Nothing so vividly captures this principle of the exchanged life as the cross. The cross was an instrument of death and shame. It was despised by the Jews, in whose law it was written, "Cursed is everyone who hangs on a tree . . ." Even the Romans who loved the brutality of the coliseum abhorred the gore of the cross. The Roman statesman, Marcus Cicero, wrote, "Let the very name of the cross be far away not only from the body of a Roman citizen, but even from his thoughts, his eyes, his ears." It was forbidden for Romans to be crucified because it was considered the death of a slave--a description that certainly fits the servant-hood of Jesus Christ. His whole life was in service to His Master, the Father, and finally to and for all who would be saved by faith into Him.

In spite of the pain, suffering and open shame of Jesus on the cross, this act remains at the center of all God's dealings with men. The Word of the cross was central to the redemptive purposes of God. So much so that Paul wrote, "For the word (logos) of the cross is foolishness to those who are dying, but to us who are saved it is the power of God." (1 Corinthians 1:18) The King James Version reads, "For the preaching (logos) of the cross is to them that perish foolishness; but unto us which are saved it is the power of God." This is somewhat misleading, because the Greek word logos is much broader in scope and meaning than the word preaching conveys. When you hear the word preaching, what comes to mind? Do you envision a man standing behind a pulpit expounding on a Bible text? Although the Greek word logos means "a word," the emphasis is not upon the utterance itself, but upon the inward thought, reckoning or reason behind the utterance. The logos of the cross is the logic or reason of the cross. But more, logos is the Divine thought, the heavenly principle of life, power, witness and growth in the kingdom of God. When our Father said to Jesus before the dawn of man, "Let us make man in our image and in our likeness," He had all this in mind. Jesus, the Word, is God's answer to man's defects and man's imperfection. This is the power in Paul's words, "I am determined to know nothing, except Jesus Christ and Him crucified."

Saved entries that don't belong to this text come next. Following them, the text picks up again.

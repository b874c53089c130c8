-- ===== src/Tests.antt =====
-- Data for runs of the model at concrete inputs, and the runs themselves in the child modules.
mod Sessions
mod Accounts
mod Samples
mod Gauges
mod Shop
mod Stock
mod Claims
mod Carts
mod Messages
mod Payments
mod Histories
mod Caching
mod Requests
mod Deployments
mod Fulfilled
use order_lifecycle_backend.Prelude.{ℕ, ◌+◌, Bool, true, false, Option, none, some, List, [], ◌∷◌}
use order_lifecycle_backend.Entities.{
  Order, OrderStatus, pending, reserved, completed, Product, StockLine, OrderCreatedEvent,
  OrderEvent, OutboxMessage, order_exchange, RoutingKey, order_event,
}
use order_lifecycle_backend.World.{Platform, World, Db, null}

-- A Redis server that has lost all its keys, and UUIDs that count up.
abbrev pub platform : Platform
platform = record {
  redis_get = λ now writes key. null;
  redis_accepts = λ now writes command. true;
  random_uuid = λ n. n + 100;
}

abbrev pub order : OrderStatus → Option ℕ → Order
order status payment = record {
  id = 1;
  user_id = 7;
  status = status;
  payment_initiated_at = payment;
  payment_text = false;
  items = none;
  created_at = 10;
  updated_at = 10;
}

abbrev pub pen : ℕ → Product
pen stock = record { id = 5; name = "pen"; sku = "PEN"; stock = stock; active = true }

abbrev pub ink : ℕ → Product
ink stock = record { id = 6; name = "ink"; sku = "INK"; stock = stock; active = true }

abbrev pub line : ℕ → ℕ → StockLine
line product_id quantity = record { product_id = product_id; quantity = quantity }

-- A world with one order and a stock of 4 pens and 2 inks, at time 50.
abbrev pub world : Order → World
world o = record {
  db = record {
    orders = o ∷ [];
    order_items = [];
    products = pen 4 ∷ ink 2 ∷ [];
    carts = [];
    cart_items = [];
    authorizations = [];
    inbox = [];
    outbox = [];
  };
  redis = [];
  cache_enabled = true;
  cache_ttl = 30;
  cache_stats = [];
  metrics = [];
  charges = [];
  drawn = 0;
  now = 50;
  correlation = none;
}

abbrev pub creation_event : List StockLine → OrderCreatedEvent
creation_event items = record { order_id = 1; user_id = 7; items = items; occurred_at = 10 }

abbrev pub payment_event : OrderEvent
payment_event = record { order_id = 1; user_id = 7; occurred_at = 40 }

abbrev pub outbox_row : ℕ → OutboxMessage
outbox_row id = record {
  id = id;
  exchange = order_exchange;
  routing_key = RoutingKey.inventory_reserved;
  payload = order_event payment_event;
  correlation_id = 3;
  created_at = id;
  published_at = none;
}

The prologue of John's gospel reads, "In the beginning there was the Word (logos). The Word (logos - not preaching) was with God, and the Word (logos) was God. He [the Word] was with God in the beginning. All things were made by him, and nothing was made without him. In him there was life, and that life was the light of all people. The Light shines in the darkness, and the darkness has not overpowered it." (John 1:1-5 NCV) Jesus was in the beginning with the Father. Jesus is the very Word of God that comes forth from His mouth with power. Everything was made by Christ as God spoke it into existence. Jesus is the Life of God spoken into creation. Jesus is that Light that God made to shine into the darkness that resulted from satanic chaos and rebellion from where the Genesis accounts starts, "darkness (Heb. choshec –chaos, destruction, wickedness) was upon the face of the deep." Jesus is the power of God unto the salvation of the world. He is still overpowering the darkness and wickedness in the hearts of fallen man as the Logos of God speaks into their hearts.

The translation of the New American Standard Version of our verse in First Corinthians comes the closest. "For the word of the cross is to those who are perishing foolishness, but to us who are being saved it is the power of God." The author of Hebrews wrote, "In many and various ways God spoke of old to our fathers by the prophets; but in these last days he has spoken to us by a Son, whom he appointed the heir of all things, through whom also he created the world." (Hebrews 1:1-2, RSV) The prophets spoke about the Word, but Jesus came as that Word, the very Oracle of the Father. Jesus is the Logos, the Word, Father's Divine thought. He is the Word of God who is alive and powerful, able to separate soul from spirit, bone from marrow, discerning the thoughts and intentions of men. He is God's final and ultimate word from the beginning of creation unto the end, the Alpha and the Omega! Jesus is the sum total of divine wisdom.